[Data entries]
......

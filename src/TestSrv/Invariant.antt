-- ===== src/TestSrv/Invariant.antt =====
-- The group that a connection has selected, over the calls of src/nksrv/lib/nntp/testsrv.
pub mod Unchanged
pub mod Moves
use nksrv.Base.{
  ℕ, ◌≡◌, refl, sym, ap, ◌∙◌, Bool, true, false, List, [], ◌∷◌, Option, none, some, Bytes, All, ◌⊎◌,
  inl, inr, Option-cases, arith,
}
use nksrv.Nntp.Session.{
  Request, article_by_msgid, article_by_num, article_by_curr, select_next_article,
  select_prev_article, list_new_news, list_new_groups, list_active_groups, list_newsgroups,
  over_by_msgid, over_by_range, over_by_curr, hdr_by_msgid, hdr_by_range, hdr_by_curr, Answer,
}
use nksrv.Nntp.Session
use nksrv.Nntp.Session.Permission.{need, reading}
use nksrv.TestSrv.Data.{Article, Group, Srv, GroupState, Sent, Res}
use nksrv.TestSrv.Answer.{TestSrv, World, or_empty, method, to_answer, answer}
use nksrv.TestSrv.Invariant.Unchanged.{
  Keeps, Keeps-list_res, Keeps-by_msgid, Keeps-over_by_msgid, Keeps-hdr_by_msgid,
  Keeps-article_by_curr, Keeps-over_by_curr, Keeps-hdr_by_curr, Keeps-over_by_range,
  Keeps-hdr_by_range, Keeps-post, Keeps-ihave, Keeps-check, Keeps-take_this,
}
use nksrv.TestSrv.Invariant.Moves.{
  IsSound, IsReady, Sound, Sound-by_num, Sound-select_group, Sound-select_and_list_group,
  Sound-next, Sound-prev,
}

Sound-Keeps : (gs : Option GroupState) (r : Option Res) → IsSound gs → Keeps gs r → Sound r
Sound-Keeps gs none h k = tt
Sound-Keeps gs (some r) h k = rw k h

module _ (p : TestSrv) (s1 : Srv) where
  Sound-method :
      (u : World) (r : Request) (gs : Option GroupState)
      → IsReady s1
      → IsSound gs
      → Sound (method p s1 u r gs)
  unfolding method
  Sound-method u (article_by_msgid kind id) gs ready h =
      Sound-Keeps gs _ h (Keeps-by_msgid s1 u.now kind gs id)
  Sound-method u (article_by_num kind n) gs ready h = Sound-by_num kind gs n h
  Sound-method u (article_by_curr kind) gs ready h =
      Sound-Keeps gs _ h (Keeps-article_by_curr kind gs)
  Sound-method u (Session.select_group g) gs ready h = Sound-select_group s1 gs g ready h
  Sound-method u (Session.select_and_list_group g rmin rmax) gs ready h =
      Sound-select_and_list_group s1 u.now gs (or_empty g) rmin rmax ready h
  Sound-method u select_next_article gs ready h = Sound-next gs h
  Sound-method u select_prev_article gs ready h = Sound-prev gs h
  Sound-method u (list_new_news w d t) gs ready h = Sound-Keeps gs _ h (Keeps-list_res gs _)
  Sound-method u (list_new_groups d t) gs ready h = Sound-Keeps gs _ h (Keeps-list_res gs _)
  Sound-method u (list_active_groups w) gs ready h = Sound-Keeps gs _ h (Keeps-list_res gs _)
  Sound-method u (list_newsgroups w) gs ready h = Sound-Keeps gs _ h (Keeps-list_res gs _)
  Sound-method u (over_by_msgid id) gs ready h =
      Sound-Keeps gs _ h (Keeps-over_by_msgid s1 u.now gs id)
  Sound-method u (over_by_range _ rmin rmax) gs ready h =
      Sound-Keeps gs _ h (Keeps-over_by_range gs rmin rmax)
  Sound-method u over_by_curr gs ready h = Sound-Keeps gs _ h (Keeps-over_by_curr gs)
  Sound-method u (hdr_by_msgid rfc f id) gs ready h =
      Sound-Keeps gs _ h (Keeps-hdr_by_msgid s1 u.now rfc gs f id)
  Sound-method u (hdr_by_range rfc f rmin rmax) gs ready h =
      Sound-Keeps gs _ h (Keeps-hdr_by_range rfc gs f rmin rmax)
  Sound-method u (hdr_by_curr rfc f) gs ready h = Sound-Keeps gs _ h (Keeps-hdr_by_curr rfc gs f)
  Sound-method u Session.handle_post gs ready h =
      Sound-Keeps gs _ h (Keeps-post s1 p.permits gs u.incoming)
  Sound-method u (Session.handle_ihave id) gs ready h =
      Sound-Keeps gs _ h (Keeps-ihave s1 p.permits gs u.incoming id)
  Sound-method u (Session.handle_check id) gs ready h =
      Sound-Keeps gs _ h (Keeps-check s1 p.permits gs u.incoming id)
  Sound-method u (Session.handle_take_this id) gs ready h =
      Sound-Keeps gs _ h (Keeps-take_this s1 p.permits gs u.incoming id)

  -- The group states that calls of the provider, one behind the other, can lead to.
  pub data Reached : Option GroupState → Type 0 where
    start : Reached none
    call :
        (u : World) (r : Request) (gs : Option GroupState) (res : Res)
        → Reached gs
        → method p s1 u r gs ≡ some res
        → Reached res.gs

  -- Where every group's list of numbers names articles of the group, the current number of a connection is 0 or the
  -- number of an article of the selected group, after any calls of the provider.
  pub Reached-IsSound : (gs : Option GroupState) → IsReady s1 → Reached gs → IsSound gs
  Reached-IsSound _ ready start = tt
  Reached-IsSound _ ready (call u r gs res h e) =
      let s = Sound-method u r gs ready (Reached-IsSound gs ready h) in rw e at s

  Keeps-method :
      (u : World) (r : Request) (gs : Option GroupState)
      → (need r ≡ reading → ⊥)
      → Keeps gs (method p s1 u r gs)
  unfolding method
  Keeps-method u (list_active_groups w) gs n = Keeps-list_res gs _
  Keeps-method u (list_newsgroups w) gs n = Keeps-list_res gs _
  Keeps-method u Session.handle_post gs n = Keeps-post s1 p.permits gs u.incoming
  Keeps-method u (Session.handle_ihave id) gs n = Keeps-ihave s1 p.permits gs u.incoming id
  Keeps-method u (Session.handle_check id) gs n = Keeps-check s1 p.permits gs u.incoming id
  Keeps-method u (Session.handle_take_this id) gs n = Keeps-take_this s1 p.permits gs u.incoming id
  Keeps-method u _ gs n = absurd (n refl)

  Keeps-answer :
      (log : List Sent) (gs : Option GroupState) (r : Option Res)
      (a : Answer (List Sent) GroupState)
      → Keeps gs r
      → to_answer log r ≡ some a
      → a.group ≡ gs
  Keeps-answer log gs none a k e = absurd (ground arith)
  Keeps-answer log gs (some r) a k e = sym (ap (λ o. elim o [ none ↦ gs | some b ↦ b.group ]) e) ∙ k

  -- The test server selects a group only where it is asked for articles.
  pub answer-KeepsGroup :
      (world : Request → List Sent → World) (r : Request) (log : List Sent) (gs : Option GroupState)
      (a : Answer (List Sent) GroupState)
      → (need r ≡ reading → ⊥)
      → answer p s1 world r log gs ≡ some a
      → a.group ≡ gs
  unfolding answer
  answer-KeepsGroup world r log gs a n e =
      Keeps-answer log gs (method p s1 (world r log) r gs) a (Keeps-method (world r log) r gs n) e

......

* _THE TASK_: Start to finish, restate the records above word for word.

* _SOLUTION FOR THIS EXERCISE_:
filename src/TestSrv/Invariant.antt
-- ===== src/TestSrv/Invariant.antt =====
-- The group that a connection has selected, over the calls of src/nksrv/lib/nntp/testsrv.
pub mod Unchanged
pub mod Moves
use nksrv.Base.{
  ℕ, ◌≡◌, refl, sym, ap, ◌∙◌, Bool, true, false, List, [], ◌∷◌, Option, none, some, Bytes, All, ◌⊎◌,
  inl, inr, Option-cases, arith,
}
use nksrv.Nntp.Session.{
  Request, article_by_msgid, article_by_num, article_by_curr, select_next_article,
  select_prev_article, list_new_news, list_new_groups, list_active_groups, list_newsgroups,
  over_by_msgid, over_by_range, over_by_curr, hdr_by_msgid, hdr_by_range, hdr_by_curr, Answer,
}
use nksrv.Nntp.Session
use nksrv.Nntp.Session.Permission.{need, reading}
use nksrv.TestSrv.Data.{Article, Group, Srv, GroupState, Sent, Res}
use nksrv.TestSrv.Answer.{TestSrv, World, or_empty, method, to_answer, answer}
use nksrv.TestSrv.Invariant.Unchanged.{
  Keeps, Keeps-list_res, Keeps-by_msgid, Keeps-over_by_msgid, Keeps-hdr_by_msgid,
  Keeps-article_by_curr, Keeps-over_by_curr, Keeps-hdr_by_curr, Keeps-over_by_range,
  Keeps-hdr_by_range, Keeps-post, Keeps-ihave, Keeps-check, Keeps-take_this,
}
use nksrv.TestSrv.Invariant.Moves.{
  IsSound, IsReady, Sound, Sound-by_num, Sound-select_group, Sound-select_and_list_group,
  Sound-next, Sound-prev,
}

Sound-Keeps : (gs : Option GroupState) (r : Option Res) → IsSound gs → Keeps gs r → Sound r
Sound-Keeps gs none h k = tt
Sound-Keeps gs (some r) h k = rw k h

module _ (p : TestSrv) (s1 : Srv) where
  Sound-method :
      (u : World) (r : Request) (gs : Option GroupState)
      → IsReady s1
      → IsSound gs
      → Sound (method p s1 u r gs)
  unfolding method
  Sound-method u (article_by_msgid kind id) gs ready h =
      Sound-Keeps gs _ h (Keeps-by_msgid s1 u.now kind gs id)
  Sound-method u (article_by_num kind n) gs ready h = Sound-by_num kind gs n h
  Sound-method u (article_by_curr kind) gs ready h =
      Sound-Keeps gs _ h (Keeps-article_by_curr kind gs)
  Sound-method u (Session.select_group g) gs ready h = Sound-select_group s1 gs g ready h
  Sound-method u (Session.select_and_list_group g rmin rmax) gs ready h =
      Sound-select_and_list_group s1 u.now gs (or_empty g) rmin rmax ready h
  Sound-method u select_next_article gs ready h = Sound-next gs h
  Sound-method u select_prev_article gs ready h = Sound-prev gs h
  Sound-method u (list_new_news w d t) gs ready h = Sound-Keeps gs _ h (Keeps-list_res gs _)
  Sound-method u (list_new_groups d t) gs ready h = Sound-Keeps gs _ h (Keeps-list_res gs _)
  Sound-method u (list_active_groups w) gs ready h = Sound-Keeps gs _ h (Keeps-list_res gs _)
  Sound-method u (list_newsgroups w) gs ready h = Sound-Keeps gs _ h (Keeps-list_res gs _)
  Sound-method u (over_by_msgid id) gs ready h =
      Sound-Keeps gs _ h (Keeps-over_by_msgid s1 u.now gs id)
  Sound-method u (over_by_range _ rmin rmax) gs ready h =
      Sound-Keeps gs _ h (Keeps-over_by_range gs rmin rmax)
  Sound-method u over_by_curr gs ready h = Sound-Keeps gs _ h (Keeps-over_by_curr gs)
  Sound-method u (hdr_by_msgid rfc f id) gs ready h =
      Sound-Keeps gs _ h (Keeps-hdr_by_msgid s1 u.now rfc gs f id)
  Sound-method u (hdr_by_range rfc f rmin rmax) gs ready h =
      Sound-Keeps gs _ h (Keeps-hdr_by_range rfc gs f rmin rmax)
  Sound-method u (hdr_by_curr rfc f) gs ready h = Sound-Keeps gs _ h (Keeps-hdr_by_curr rfc gs f)
  Sound-method u Session.handle_post gs ready h =
      Sound-Keeps gs _ h (Keeps-post s1 p.permits gs u.incoming)
  Sound-method u (Session.handle_ihave id) gs ready h =
      Sound-Keeps gs _ h (Keeps-ihave s1 p.permits gs u.incoming id)
  Sound-method u (Session.handle_check id) gs ready h =
      Sound-Keeps gs _ h (Keeps-check s1 p.permits gs u.incoming id)
  Sound-method u (Session.handle_take_this id) gs ready h =
      Sound-Keeps gs _ h (Keeps-take_this s1 p.permits gs u.incoming id)

  -- The group states that calls of the provider, one behind the other, can lead to.
  pub data Reached : Option GroupState → Type 0 where
    start : Reached none
    call :
        (u : World) (r : Request) (gs : Option GroupState) (res : Res)
        → Reached gs
        → method p s1 u r gs ≡ some res
        → Reached res.gs

  -- Where every group's list of numbers names articles of the group, the current number of a connection is 0 or the
  -- number of an article of the selected group, after any calls of the provider.
  pub Reached-IsSound : (gs : Option GroupState) → IsReady s1 → Reached gs → IsSound gs
  Reached-IsSound _ ready start = tt
  Reached-IsSound _ ready (call u r gs res h e) =
      let s = Sound-method u r gs ready (Reached-IsSound gs ready h) in rw e at s

  Keeps-method :
      (u : World) (r : Request) (gs : Option GroupState)
      → (need r ≡ reading → ⊥)
      → Keeps gs (method p s1 u r gs)
  unfolding method
  Keeps-method u (list_active_groups w) gs n = Keeps-list_res gs _
  Keeps-method u (list_newsgroups w) gs n = Keeps-list_res gs _
  Keeps-method u Session.handle_post gs n = Keeps-post s1 p.permits gs u.incoming
  Keeps-method u (Session.handle_ihave id) gs n = Keeps-ihave s1 p.permits gs u.incoming id
  Keeps-method u (Session.handle_check id) gs n = Keeps-check s1 p.permits gs u.incoming id
  Keeps-method u (Session.handle_take_this id) gs n = Keeps-take_this s1 p.permits gs u.incoming id
  Keeps-method u _ gs n = absurd (n refl)

  Keeps-answer :
      (log : List Sent) (gs : Option GroupState) (r : Option Res)
      (a : Answer (List Sent) GroupState)
      → Keeps gs r
      → to_answer log r ≡ some a
      → a.group ≡ gs
  Keeps-answer log gs none a k e = absurd (ground arith)
  Keeps-answer log gs (some r) a k e = sym (ap (λ o. elim o [ none ↦ gs | some b ↦ b.group ]) e) ∙ k

  -- The test server selects a group only where it is asked for articles.
  pub answer-KeepsGroup :
      (world : Request → List Sent → World) (r : Request) (log : List Sent) (gs : Option GroupState)
      (a : Answer (List Sent) GroupState)
      → (need r ≡ reading → ⊥)
      → answer p s1 world r log gs ≡ some a
      → a.group ≡ gs
  unfolding answer
  answer-KeepsGroup world r log gs a n e =
      Keeps-answer log gs (method p s1 (world r log) r gs) a (Keeps-method (world r log) r gs n) e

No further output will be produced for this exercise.